## [WHAT THIS TASK INVOLVES]
Restrict the output to the lines below starting at the one that contains "same_size matches (create" and ending at the one that contains "env ≡ some config", and restate them word for word, both ends included.

## [PROVIDED DATA]
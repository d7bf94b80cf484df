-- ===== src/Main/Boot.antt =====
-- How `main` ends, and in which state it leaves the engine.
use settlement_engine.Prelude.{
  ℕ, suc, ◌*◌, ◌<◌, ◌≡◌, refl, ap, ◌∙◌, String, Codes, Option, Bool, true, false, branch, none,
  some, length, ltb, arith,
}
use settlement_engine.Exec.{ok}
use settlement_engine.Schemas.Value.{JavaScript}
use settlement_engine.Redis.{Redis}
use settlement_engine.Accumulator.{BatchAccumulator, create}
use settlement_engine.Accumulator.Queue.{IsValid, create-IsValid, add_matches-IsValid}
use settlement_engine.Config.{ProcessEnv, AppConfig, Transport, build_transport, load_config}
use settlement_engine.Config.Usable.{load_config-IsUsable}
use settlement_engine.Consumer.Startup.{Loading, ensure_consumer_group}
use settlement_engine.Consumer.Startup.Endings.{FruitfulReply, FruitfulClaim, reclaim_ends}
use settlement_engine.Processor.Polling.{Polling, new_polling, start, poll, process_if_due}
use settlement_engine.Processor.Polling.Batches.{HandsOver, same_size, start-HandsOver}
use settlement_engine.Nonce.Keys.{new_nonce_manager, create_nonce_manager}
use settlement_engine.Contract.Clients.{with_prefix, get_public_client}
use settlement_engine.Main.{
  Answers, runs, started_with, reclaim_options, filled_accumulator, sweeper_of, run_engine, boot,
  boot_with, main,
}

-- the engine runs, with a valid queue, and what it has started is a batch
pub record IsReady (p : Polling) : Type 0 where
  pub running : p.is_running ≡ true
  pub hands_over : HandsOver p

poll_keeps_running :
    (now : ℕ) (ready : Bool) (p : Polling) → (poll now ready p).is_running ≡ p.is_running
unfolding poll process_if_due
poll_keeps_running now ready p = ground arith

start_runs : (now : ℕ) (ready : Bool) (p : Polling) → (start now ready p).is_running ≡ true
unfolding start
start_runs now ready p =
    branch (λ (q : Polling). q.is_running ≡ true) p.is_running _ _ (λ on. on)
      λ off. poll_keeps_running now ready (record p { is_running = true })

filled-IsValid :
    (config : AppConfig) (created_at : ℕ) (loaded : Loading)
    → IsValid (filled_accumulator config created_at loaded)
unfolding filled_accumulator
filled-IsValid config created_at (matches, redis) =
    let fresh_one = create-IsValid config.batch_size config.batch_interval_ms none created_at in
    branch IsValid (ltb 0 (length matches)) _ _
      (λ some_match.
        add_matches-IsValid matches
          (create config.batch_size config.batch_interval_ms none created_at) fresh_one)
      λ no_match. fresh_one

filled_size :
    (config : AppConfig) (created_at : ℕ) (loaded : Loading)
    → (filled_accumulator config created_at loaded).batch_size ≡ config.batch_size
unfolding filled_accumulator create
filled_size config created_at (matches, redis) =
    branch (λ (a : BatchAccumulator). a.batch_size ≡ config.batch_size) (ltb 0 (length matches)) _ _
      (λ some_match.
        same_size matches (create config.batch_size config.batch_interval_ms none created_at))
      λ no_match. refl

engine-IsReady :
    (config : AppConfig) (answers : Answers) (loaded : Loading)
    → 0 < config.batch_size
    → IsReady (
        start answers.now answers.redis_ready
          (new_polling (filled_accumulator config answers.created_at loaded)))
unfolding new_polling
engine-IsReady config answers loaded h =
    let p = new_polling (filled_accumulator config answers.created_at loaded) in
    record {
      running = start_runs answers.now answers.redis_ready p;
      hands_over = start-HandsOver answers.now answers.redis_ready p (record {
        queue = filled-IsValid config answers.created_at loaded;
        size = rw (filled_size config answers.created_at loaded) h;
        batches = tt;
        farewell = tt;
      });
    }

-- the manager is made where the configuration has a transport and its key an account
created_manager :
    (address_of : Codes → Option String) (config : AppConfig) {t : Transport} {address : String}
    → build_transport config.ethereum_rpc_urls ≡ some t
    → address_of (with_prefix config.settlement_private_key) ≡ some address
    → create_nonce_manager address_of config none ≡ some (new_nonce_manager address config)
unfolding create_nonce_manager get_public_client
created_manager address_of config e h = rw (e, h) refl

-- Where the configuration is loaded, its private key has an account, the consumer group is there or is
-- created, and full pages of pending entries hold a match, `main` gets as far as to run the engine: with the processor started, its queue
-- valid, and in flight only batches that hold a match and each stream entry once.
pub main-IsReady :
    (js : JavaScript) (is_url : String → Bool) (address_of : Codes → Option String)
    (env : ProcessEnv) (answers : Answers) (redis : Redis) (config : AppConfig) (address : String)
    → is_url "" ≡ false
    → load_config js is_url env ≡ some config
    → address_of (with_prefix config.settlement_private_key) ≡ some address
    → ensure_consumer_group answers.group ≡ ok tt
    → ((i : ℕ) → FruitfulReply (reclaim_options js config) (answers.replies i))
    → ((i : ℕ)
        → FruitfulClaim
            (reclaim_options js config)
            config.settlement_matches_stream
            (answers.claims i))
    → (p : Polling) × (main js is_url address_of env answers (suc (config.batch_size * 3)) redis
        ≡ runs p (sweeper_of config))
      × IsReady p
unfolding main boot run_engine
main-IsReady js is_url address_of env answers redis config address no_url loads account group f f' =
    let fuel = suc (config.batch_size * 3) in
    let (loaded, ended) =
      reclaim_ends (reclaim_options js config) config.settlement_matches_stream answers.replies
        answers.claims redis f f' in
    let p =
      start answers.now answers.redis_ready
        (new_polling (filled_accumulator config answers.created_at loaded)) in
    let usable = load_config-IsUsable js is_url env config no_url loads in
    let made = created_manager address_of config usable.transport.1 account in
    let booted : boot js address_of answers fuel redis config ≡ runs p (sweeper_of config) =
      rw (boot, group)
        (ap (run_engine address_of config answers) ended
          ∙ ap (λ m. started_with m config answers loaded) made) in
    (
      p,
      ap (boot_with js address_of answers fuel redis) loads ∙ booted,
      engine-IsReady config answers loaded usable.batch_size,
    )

## [RESULT FOR THIS EXERCISE]
        same_size matches (create config.batch_size config.batch_interval_ms none created_at))
      λ no_match. refl

engine-IsReady :
    (config : AppConfig) (answers : Answers) (loaded : Loading)
    → 0 < config.batch_size
    → IsReady (
        start answers.now answers.redis_ready
          (new_polling (filled_accumulator config answers.created_at loaded)))
unfolding new_polling
engine-IsReady config answers loaded h =
    let p = new_polling (filled_accumulator config answers.created_at loaded) in
    record {
      running = start_runs answers.now answers.redis_ready p;
      hands_over = start-HandsOver answers.now answers.redis_ready p (record {
        queue = filled-IsValid config answers.created_at loaded;
        size = rw (filled_size config answers.created_at loaded) h;
        batches = tt;
        farewell = tt;
      });
    }

-- the manager is made where the configuration has a transport and its key an account
created_manager :
    (address_of : Codes → Option String) (config : AppConfig) {t : Transport} {address : String}
    → build_transport config.ethereum_rpc_urls ≡ some t
    → address_of (with_prefix config.settlement_private_key) ≡ some address
    → create_nonce_manager address_of config none ≡ some (new_nonce_manager address config)
unfolding create_nonce_manager get_public_client
created_manager address_of config e h = rw (e, h) refl

-- Where the configuration is loaded, its private key has an account, the consumer group is there or is
-- created, and full pages of pending entries hold a match, `main` gets as far as to run the engine: with the processor started, its queue
-- valid, and in flight only batches that hold a match and each stream entry once.
pub main-IsReady :
    (js : JavaScript) (is_url : String → Bool) (address_of : Codes → Option String)
    (env : ProcessEnv) (answers : Answers) (redis : Redis) (config : AppConfig) (address : String)
    → is_url "" ≡ false
    → load_config js is_url env ≡ some config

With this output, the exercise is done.